132.1.001 Union-Find | 并查集
@(132 - ACM | 算法)
Algorithm | Coursera - by Robert Sedgewick
> Tip: Focus on WHAT is really important!
> Don't just copy it!
> Don't look at the subtitle
> Practice is the key. Just Do it!
Backup
P.S. iff == if and only if
0 Introduction
- Dynamic connectivity problem
- union-find data type
- quick find
- quick union
- improvements
- weighted quick union
- weighted quick union with path compression
- applications
- Maze Problem
1 Steps to developing a usable algorithm
- Model the problem
- Find a algorithm
- Fast enough? Fits in memory?
- if not, figure out why
- Find a way to address the problem
- Iterate until satisfied
2 Quick Find | 快速查找
Structure - Linear
Java implementation
public class QuickFindUF
{
private int[] id;
//constructor
public QuickFindUF(int N)
{
id = new int[N];//allocate N*int
for (int i = 0;i<N;i++)
id[i] = i;
}
public boolean connected(int p,int q)
{
return id[p] == id[q];
}
public void union(int p, int q)
{
int pid = id[p];
int qid = id[q];
for (int i = 0;i<id.length;i++)
{
if(id[i]==pid) id[i] = qid;
}
}
}
Quick find is too slow
3 Quick Union
Structure-Tree
- Check if they have the same root
inspire: use the third standard as Reference//第三方标准作为参照物,语言同理
Java implementation
public class QuickUnionUF
{
private int[] id;
//constructor —— set each element to be its own root
public QuickUnionUF(int N)
{
id = new int[N];
for (int i = 0;i < N;i++) id[i] = i;
}
//find the root by chasing parent pointers
private int root(int i)
{
while (i != id[i] i = id[i]);
return i;
}
public boolean connected(int p, int q)
{
return root(p) == root(q);
}
public void union(int p,int q)
{
int i = root(p);
int j = root(q);
id[i] = j;
}
}
Quick Union is also too slow
4 Quik-Union Improvement1 -Weighted quick-union
smaller tree down below - small depends on the bigger( size)
demo
improvement
Java implementation
//Data Structure
//maintain extra array sz[i] to count number of objects in the tree rooted at i
//sz[i] = size of tree rooted i
// Find - identical to quick-union
//Union
//Modify quick-union to:
//1.Link root of smaller tree to root of larger tree.
//2.Update the sz[] array
int i = root(p);
int j = root(q);
if (i == j) return;
if (sz[i] < sz[j]) { id[i] = j; sz[j] += sz[i]};
else { id[j] = i; sz[i] += sz[j]};
Runing time
O(N) = lg N
5 Quik-Union Improvement2 -Path compression
Flatten the tree
In practice - Keeps tree almost completely flat.
java implementation
- Make every other node in path point to its grandparent
private int root(int i)
{
while(i != id[i])
{
id[i] = id[id[i]];//only one extra line of code!
i = id[i];
}
return i;
}
O(N) = N+M * lgN
6 Summary for solving the dynamic connectivity problem
7 Union-Find Application
Percolation
Monte Carlo simulation //蒙特卡罗模拟
Dynamic connectivity solution to estimate percolation threshold
- Clever Trick
8 Application - Percolation | 渗滤问题
需要注意的是Timing和Backwash的问题
Timing:PercolationStats.java里StdRandom.mean()和StdRandom.stddev()都只能调用一次;Percolation.java里实现numberOfOpenSites时切记不能使用循环累加,定义一个私有属性来计数即可;实现open()时相邻的四个sites位置直接加减n或1即可。
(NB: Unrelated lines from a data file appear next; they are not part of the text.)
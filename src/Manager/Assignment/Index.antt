-- ===== src/Manager/Assignment/Index.antt =====
-- `calc_replica_index` in closed form.
use native.Mathlib.Nat.{mod-lt, mod-eq_of_lt, mod-eq-sub-mod, add-mod_right}
use rust_accelerator_no_sql.Prelude.{
  ap, ltb, sym, zero, inr, ◌∙◌, inl, leb, Bool-cases, suc, ◌-◌, arith, ◌+◌, ◌%◌, ◌≡◌, ◌≤◌, ◌<◌, ℕ,
}
use rust_accelerator_no_sql.Manager.Assignment.{calc_replica_index, reduce_replica}

reduce_replica-mod : (fuel n r : ℕ) → r ≤ fuel → 0 < n → reduce_replica fuel n r ≡ r % n
unfolding reduce_replica
reduce_replica-mod zero n r h p = grind arith
reduce_replica-mod (suc fuel) n r h p = elim (Bool-cases (leb n r)) [
  | inl more ↦
      rw more
        (reduce_replica-mod fuel n (r - n) (ground arith) p ∙ sym (mod-eq-sub-mod (ground arith)))
  | inr less ↦ rw less (sym (mod-eq_of_lt (ground arith)))
]

-- A step of `k` places backwards from `m`, which passes the start of the list or does not.
step_round : (n m k : ℕ) → m < k → k < n → n - (k - m) ≡ (m + n - k) % n
step_round n m k h below = omega arith ∙ sym (mod-eq_of_lt {n = m + n - k} {m = n} (omega arith))

step_back : (n m k : ℕ) → k ≤ m → m < n → m - k ≡ (m + n - k) % n
step_back n m k h below =
    sym (mod-eq_of_lt {n = m - k} {m = n} (omega arith))
    ∙ (sym (add-mod_right (m - k) n) ∙ ap (λ (x : ℕ). x % n) (omega arith))

-- For a master's place `m` among `n` workers, replica `r` has the place `m - r`, counted round: the
-- subtraction loop and the branch compute `(m + n - r % n) % n`.
pub calc_replica_index_lem : (n m r : ℕ) → m < n → calc_replica_index n m r ≡ (m + n - r % n) % n
unfolding calc_replica_index
calc_replica_index_lem n m r h =
    let e : reduce_replica r n r ≡ r % n = reduce_replica-mod r n r (omega arith) (omega arith) in
    let below : r % n < n = mod-lt r (omega arith) in
    elim (Bool-cases (ltb m (r % n))) [
      | inl wraps ↦ rw (e, wraps) (step_round n m (r % n) (ground arith) below)
      | inr direct ↦ rw (e, direct) (step_back n m (r % n) (ground arith) h)
    ]

pub calc_replica_index-lt : (n m r : ℕ) → m < n → calc_replica_index n m r < n
calc_replica_index-lt n m r h =
    rw (calc_replica_index_lem n m r h) (mod-lt (m + n - r % n) (omega arith))

-- For a master's place below `n`, two of the first `n` replicas that have one place are one replica.
pub calc_replica_index_injective :
    (n m r s : ℕ)
    → m < n
    → r < n
    → s < n
    → calc_replica_index n m r ≡ calc_replica_index n m s
    → r ≡ s
unfolding calc_replica_index
calc_replica_index_injective n m r s h p q e =
    let er : reduce_replica r n r ≡ r =
      reduce_replica-mod r n r (omega arith) (omega arith) ∙ mod-eq_of_lt p in
    let es : reduce_replica s n s ≡ s =
      reduce_replica-mod s n s (omega arith) (omega arith) ∙ mod-eq_of_lt q in
    ground arith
Backwash:实现isFull()时需要另外实例化一个不包含最下端虚拟节点的WeightedQuickUnionUF,可以解决Test 13: check for backwash with predetermined sites,Test 14: check for backwash with predetermined sites that have multiple percolating paths和Test 15: call all methods in random order until all sites are open, allowing isOpen() to be called on a site more than once
三项测试无法通过的问题。Backwash问题是指因为虚拟底部结点的存在,导致底部任一结点渗漏成功的话底部所有结点都会认为渗漏成功。原因是通过底部虚拟结点形成了回流。从而导致isFull()方法出错。
- Percolation.java
import edu.princeton.cs.algs4.WeightedQuickUnionUF;
public class Percolation {
private boolean[] op; // true=open while false=blocked
private int side; // number of rows or columns
private int numOp; // number of open sites
private WeightedQuickUnionUF uf;
private WeightedQuickUnionUF ufTop;
public Percolation(int n) {
if(n <= 0) throw new IllegalArgumentException("Input should be positif!\n");
this.side = n;
this.op = new boolean[n*n+2]; // with 2 virtual sites
this.uf = new WeightedQuickUnionUF(n*n+2);
this.ufTop = new WeightedQuickUnionUF(n*n+1); // with only the upper virtual site
for(int i=1; i<n*n+1; i++) op[i] = false;
op[0] = op[n*n+1] = true;
this.numOp = 0;
}
// both ROW and COL should be integer within 1~n
private void checkBounds(int row, int col){
if(row < 1 || row > this.side || col < 1 || col > this.side){
throw new IllegalArgumentException("Index out of bounds!\n");
}
}
// get position of sites in 3 arrays: op, uf.parent & uf.size
private int getPosition(int row, int col){
return (row - 1) * this.side + col;
}
private void union(int aPos, int bPos, WeightedQuickUnionUF wq){
if(!wq.connected(aPos, bPos)){
wq.union(aPos, bPos);
}
}
private boolean isOpen(int pos){
return op[pos];
}
public void open(int row, int col) {
checkBounds(row, col);
if(isOpen(row, col)) return;
int pos = getPosition(row, col);
op[pos] = true;
numOp++;
// positions of adjacent sites
int rowPrev = pos - side, rowNext = pos + side,
colPrev = pos - 1, colNext = pos + 1;
// try connect the adjacent open sites
if(row == 1){
union(0, pos, uf);
union(0, pos, ufTop);
}else if(isOpen(rowPrev)){
union(rowPrev, pos, uf);
union(rowPrev, pos, ufTop);
}
if(row == side){
union(side * side + 1, pos, uf);
}else if(isOpen(rowNext)){
union(rowNext, pos, uf);
union(rowNext, pos, ufTop);
}
if(col != 1 && isOpen(colPrev)) {
union(colPrev, pos, uf);
union(colPrev, pos, ufTop);
}
if(col != side && isOpen(colNext)) {
union(colNext, pos, uf);
union(colNext, pos, ufTop);
}
}
public boolean isOpen(int row, int col) {
checkBounds(row, col);
return isOpen(getPosition(row, col));
}
/**
* check for backwash with predetermined sites that have multiple percolating paths
* in this case ufTop should be used instead of uf
* @param row
* @param col
* @return
*/
public boolean isFull(int row, int col) {
checkBounds(row, col);
//return uf.connected(0, getPosition(row, col)); -> didn't pass the test!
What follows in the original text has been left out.